Isolated CVT is a commonly missed diagnosis. There is wide variability in the number, size, and location of cortical veins. Each individual hemisphere can have variations in the size and location of Labbe, Trolard, and the superficial middle cerebral vein, not to mention the smaller cortical veins. Non-contrast CT is usually normal, but occasionally an isolated hyperdense cortical vein can be identified. Because the anatomy of the cerebral venous system is inconstant, MRV, and CTV are not usually helpful unless there is extension of the thrombus into a dural sinus. On MRI, SWI or GRE will demonstrate blooming at the site of the thrombosed vein, T1 hyperintensity, and T2/FLAIR hypointensity. While the T2 and T1 signal changes normalize over time, blooming artifact on T2* weighted imaging can persist for several months. Most common secondary findings include local edema and petechial hemorrhage or hematoma.

In addition to evaluating for direct signs of CVT or DSVT, the radiologist should inspect for secondary signs and sequelae. Identification of cortical infarction in a non-arterial location supports the diagnosis of venous thrombosis. Heterogeneous or gyriform cortical or peripheral hemorrhage along with cortical edema are important to identify (Fig. 7.6). Although the majority of the T2 hypersignal is NOT restricting on DWI (given its vasogenic nature), there may be cortical or gyriforme DWI restriction, which is related to compression of the leptomeningeal perforators due to the compressive vasogenic edema. Follow-up imaging is necessary to document resolution of the thrombus as well as any long-term sequelae, including venous sinus stenosis and development of dural arteriovenous fistulae (further described in other chapters).
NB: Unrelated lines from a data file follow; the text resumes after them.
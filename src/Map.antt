-- ===== src/Map.antt =====
-- `HashMap<K, V>` as an association list. Its order is not observable in the program: entries are
-- reached by key, filtered, counted, or folded by a minimum. An insertion replaces the key's entry.
pub mod Laws
use world_infra.Prelude.{
  ◌≡◌, ◌↔◌, Bool, true, Option, none, some, List, [], ◌∷◌, if◌then◌else◌, ◌&&◌,
}
use world_infra.Text.{Text, text_eq}
use world_infra.Text.Laws.{text_eq_iff}

-- `K: Eq`, whose test decides equality.
pub record Eq {ℓ} (K : Type ℓ) : Type ℓ where
  pub beq : K → K → Bool
  pub beq_iff : (a b : K) → (beq a b ≡ true) ↔ (a ≡ b)

instance abbrev pub text_key : Eq Text
text_key = record { beq = text_eq; beq_iff = text_eq_iff }

module _ {ℓ κ} {K : Type ℓ} ⦃e : Eq K⦄ {V : Type κ} where
  unfoldable pub get : K → List (K × V) → Option V
  get k [] = none
  get k ((j, v) ∷ m) = if e.beq j k then some v else get k m

  unfoldable pub remove : K → List (K × V) → List (K × V)
  remove k [] = []
  remove k ((j, v) ∷ m) = if e.beq j k then remove k m else (j, v) ∷ remove k m

  unfoldable pub insert : K → V → List (K × V) → List (K × V)
  unfolding remove
  insert k v m = (k, v) ∷ remove k m

  -- `retain(|_, v| keep(v))`
  unfoldable pub retain : (V → Bool) → List (K × V) → List (K × V)
  retain keep [] = []
  retain keep ((j, v) ∷ m) = if keep v then (j, v) ∷ retain keep m else retain keep m

-- No key has two entries, as in every `HashMap`.
abbrev pub Distinct {ℓ κ} : {K : Type ℓ} ⦃e : Eq K⦄ {V : Type κ} → List (K × V) → Type κ
Distinct [] = Unit
Distinct ((k, v) ∷ m) = (get k m ≡ none) × Distinct m

-- Every value of the map has a property.
abbrev pub AllValues {ℓ κ μ} : {K : Type ℓ} {V : Type κ} → (V → Type μ) → List (K × V) → Type μ
AllValues P [] = Unit
AllValues P ((k, v) ∷ m) = P v × AllValues P m

abbrev pub keep_if {ℓ} : {V : Type ℓ} → (V → Bool) → Option V → Option V
keep_if p none = none
keep_if p (some v) = if p v then some v else none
There are a few pitfalls to diagnosis of DSVT. Hypoplasia or atresia of the transverse sinus is a relatively common normal anatomic variant (Fig. 7.7). In most patients, the right transverse sinus is larger than the left. There are a few complimentary imaging findings, which can help one determine if a sinus is congenitally small. First, one should inspect the ipsilateral jugular foramen. If the ipsilateral jugular foramen is small then the transverse sinus is likely hypoplastic. Another trick is the so-called Gibraltar Sign, named after the Rock of Gibraltar which has a gradual, asymmetric slope. The bony groove for the superior sagittal sinus often slopes to one side (usually the right). The direction which the bony groove slopes is usually the side of the dominant sinus. Arachnoid granulations are commonly overcalled as thrombus. However, these are usually well-defined focal filling defects within the sinus, are located in the lateral aspects of the transverse sinus, and have CSF signal intensity (Fig. 7.8).